Poem by Keisha-Gaye Anderson

April 2011

I Am the Caribbean

In the belly of a ship named
for supposed nobility
I came this way
From low-caste Bombay
to Chinese-built railway
I came this way
From Irish town here
poor as the one back there
I came this way

I became that jigsaw piece
floating on the archipelago
too enmeshed to go
beyond the gravity of
my being

I am the Caribbean

a sweltering pool of
disjointed life
every day remaking
reshaping itself into
an electric rhythm
skipping from
batá
to tassa
to nyabinghi
weaving through me

Making me

that kumina sound
that pan melody
that flute in the hills
that shak shak
that brings back
that sound of conviction
of personhood fought for
the independent ardor
that we bled to see

I came to be

that diasporic medley
calling me down
to ride through this life
changing shape as I see fit
and though we may forget
the names of spirit
we call them viscerally

to Trench Town
Port-au-Prince
Port of Spain
concrete just the same
all repositories
of potential energy
and stilted memory

I am the Caribbean

 

Keisha-Gaye Anderson is a mother of two and a poet, journalist, and fiction writer.
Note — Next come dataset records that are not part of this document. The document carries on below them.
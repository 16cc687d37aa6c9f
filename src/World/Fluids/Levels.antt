-- ===== src/World/Fluids/Levels.antt =====
-- The numbers of the fluids' levels.
use macintosh_craft.Base.{
  ℕ, ◌+◌, ◌-◌, ◌%◌, ◌≤◌, ◌<◌, ◌≡◌, false, ◌&&◌, inl, inr, ◌⊎◌, arith, leb, ltb, ◌==◌,
}
use macintosh_craft.Registry.{Block}
use macintosh_craft.Items.{is_replaceable_block}
use macintosh_craft.Terrain.{Generator, block}
use macintosh_craft.World.Blocks.Kept.{IsPlantable}

-- The numbers of air and of the eight levels of both fluids are bytes, and belong to no chest.
pub record HasFluids (g : Generator) : Type 0 where
  pub air : IsPlantable g (block g Block.air)
  pub water : (k : ℕ) → k < 8 → IsPlantable g (block g Block.water + k)
  pub lava : (k : ℕ) → k < 8 → IsPlantable g (block g Block.lava + k)
  pub water_byte : block g Block.water + 8 ≤ 256
  pub lava_byte : block g Block.lava + 8 ≤ 256
  pub bedrock : is_replaceable_block g.registry (block g Block.bedrock) ≡ false

-- Water or lava, at one of eight levels.
abbrev pub IsFluid : Generator → ℕ → ℕ → Type 0
IsFluid g fluid b =
    ((fluid ≡ block g Block.water) ⊎ (fluid ≡ block g Block.lava)) × (fluid ≤ b) × (b < fluid + 8)

-- What no fluid replaces: it is not replaceable, and not one of the eight numbers from lava's on.
abbrev pub IsBarrier : Generator → ℕ → Type 0
IsBarrier g b =
    (is_replaceable_block g.registry b ≡ false)
    × ((leb (block g Block.lava) b && ltb b (block g Block.lava + 8)) ≡ false)

pub IsFluid-IsPlantable :
    (g : Generator) (fluid b : ℕ) → HasFluids g → IsFluid g fluid b → IsPlantable g b
IsFluid-IsPlantable g fluid b h (which, low, high) = elim which [
  | inl e ↦
      let same : block g Block.water + (b - fluid) ≡ b = omega arith in
      rw same at (h.water (b - fluid) (omega arith))
  | inr e ↦
      let same : block g Block.lava + (b - fluid) ≡ b = omega arith in
      rw same at (h.lava (b - fluid) (omega arith))
]

pub next_level :
    (g : Generator) (fluid n : ℕ)
    → HasFluids g
    → IsFluid g fluid n
    → ((n + 256 - fluid) % 256 == 7) ≡ false
    → IsFluid g fluid ((n + 1) % 256)
next_level g fluid n h (which, low, high) more =
    let byte : fluid + 8 ≤ 256 = elim which [
      | inl e ↦ omega (arith, h.water_byte)
      | inr e ↦ omega (arith, h.lava_byte)
    ] in
    let not_last : n < fluid + 7 = ground arith in (which, omega arith, omega arith)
In 2010 she was named a fellow by the North Country Institute for Writers of Color. She is a founding member of Poets for Ayiti, a group that has recently published the chapbook For The Crowns of Your Heads; proceeds of book sales will help to rebuild Haiti’s Bibliothèque du Soleil in Port-au-Prince, a library razed during the earthquake. Anderson has published poems in two volumes of Poems on the Road to Peace (Yale University Press, 2002, 2004), in the Killens Review of Arts and Letters (2011), and in the online literary journals Street Notes and AfroBeat. Her poetry chapbook Circle Unbroken was self-published in 2003. As a journalist, she has contributed feature articles to magazines, including Black Enterprise, Honey, Upscale, Psychology Today, and Teen People, and has worked as a producer or associate producer for domestic and international broadcasters, including CBS, PBS, and NHK (Japanese TV). Anderson also contributed an essay to the anthology Sometimes Rhythm, Sometimes Blues: Young African Americans on Love, Relationships, Sex, and the Search for Mr. Right (Seal Press, 2003). She currently works as a college administrator and is pursuing an MFA in creative writing at the City College, CUNY.